After two days, apparently, I refused to take morphine because it gave me horrible hallucinations. The downside of not taking the morphine was the pain, which was so intense. For the first few days, when I woke up in the morning I felt like I was pinned to the bed by the pain. During the day it was not as bad because the painkillers took the edge off.
Eventually I recovered all my faculties. Initially I couldn’t walk, so a physio tried to get me walking with a stick. I could not work out how to do it and then I decided to practise on my own and fortunately succeeded.
I also remember how my daughter very patiently had to tell me again and again what had happened…
Back home, I couldn’t have got through it without my children who had to look after me. My eldest just took over. She was wonderful. Then two members of my family came over from France for a week to allow Fenella to go back to university.
At the John Radcliffe I had been put on a medication called phenytoin to prevent seizures just as a precaution and unfortunately I reacted very badly to it. Once more, the paramedics had to be called out. It was the turn of Sophie, my second daughter to take over. Back in hospital I was put on oxygen and given a drip. Discharged five days later, I was very weak, weighing only 47.5Kgs.
I went back to work only six weeks after my surgery to remove the tumour, as I felt I should relieve the person covering my job one day a week – Paul, our accountant who was still undergoing chemotherapy treatment. I only managed to work for three hours that first day. I was exhausted.
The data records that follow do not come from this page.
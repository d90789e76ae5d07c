-- ===== src/Wiki.antt =====
-- packages/wiki-core: the publishing of a page (state-machine.ts) and its version numbers
-- (version.ts). A status comes from the database as a text.
pub mod Lifecycle
pub mod Versions
use cherry_wiki.Base.{ℕ, ◌+◌, max, String, Bool, List, [], ◌∷◌, ◌=ₛ◌, if◌then◌else◌}

-- The answer of a method: a value, or the message of the error that it throws.
pub data Answer : Type 0 where
  status : String → Answer
  thrown : String → Answer

unfoldable pub can_publish : String → Bool
can_publish current_status = current_status =ₛ "draft"

unfoldable pub publish : String → Answer
unfolding can_publish
publish current_status =
    if can_publish current_status
    then status "published"
    else if current_status =ₛ "published"
    then thrown "VERSION_ALREADY_PUBLISHED"
    else thrown "INVALID_PUBLISH_TRANSITION"

unfoldable pub can_unpublish : String → Bool
can_unpublish current_status = current_status =ₛ "published"

unfoldable pub unpublish : String → Answer
unfolding can_unpublish
unpublish current_status =
    if can_unpublish current_status
    then status "draft"
    else if current_status =ₛ "draft"
    then thrown "VERSION_ALREADY_DRAFT"
    else thrown "INVALID_UNPUBLISH_TRANSITION"

unfoldable pub can_archive : String → Bool
can_archive current_status = current_status =ₛ "published"

unfoldable pub archive : String → Answer
unfolding can_archive
archive current_status =
    if can_archive current_status then status "archived" else thrown "INVALID_ARCHIVE_TRANSITION"

pub record Rollback : Type 0 where
  pub content : String
  pub version_no : ℕ
  pub source : String
  pub status : String

unfoldable pub rollback : String → ℕ → Rollback
rollback target_version_content current_max_version_no = record {
  content = target_version_content;
  version_no = current_max_version_no + 1;
  source = "rollback";
  status = "published";
}

-- `Math.max` of the numbers of a list that is not empty.
abbrev pub max_of : ℕ → List ℕ → ℕ
max_of n [] = n
max_of n (m ∷ ms) = max n (max_of m ms)

unfoldable pub get_next_version_no : List ℕ → ℕ
get_next_version_no [] = 1
get_next_version_no (n ∷ ns) = max_of n ns + 1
Sophie would drive me to the office and then help me with my work so that I could catch up.
Later that year, I eventually regained my driving licence as fortunately I had had no seizures.
In June, I had an anxious time following a scan showing indications that the tumour might be coming back, but fortunately this turned out not to be the case.
However, our accountant, Paul, had a second operation in August, almost a year after his first, although tragically, it was in vain. He died on 31 December 2007. I felt completely numb and guilty to be alive.
By the end of 2007, I had resigned from my company and in June 2008 found another job, initially part-time till September when I moved to full-time. The first 18 months to two years after the surgery were difficult as I was still struggling with regular headaches, fatigue and flashbacks and had to invest all my efforts into going back to work and my children. Three years on, I am finally moving on, although slowly, and grateful to be alive.
My children have been my inspiration to carry on since 2007 in spite of all the setbacks. I truly feel that without my daughters’ constant support I might have given up.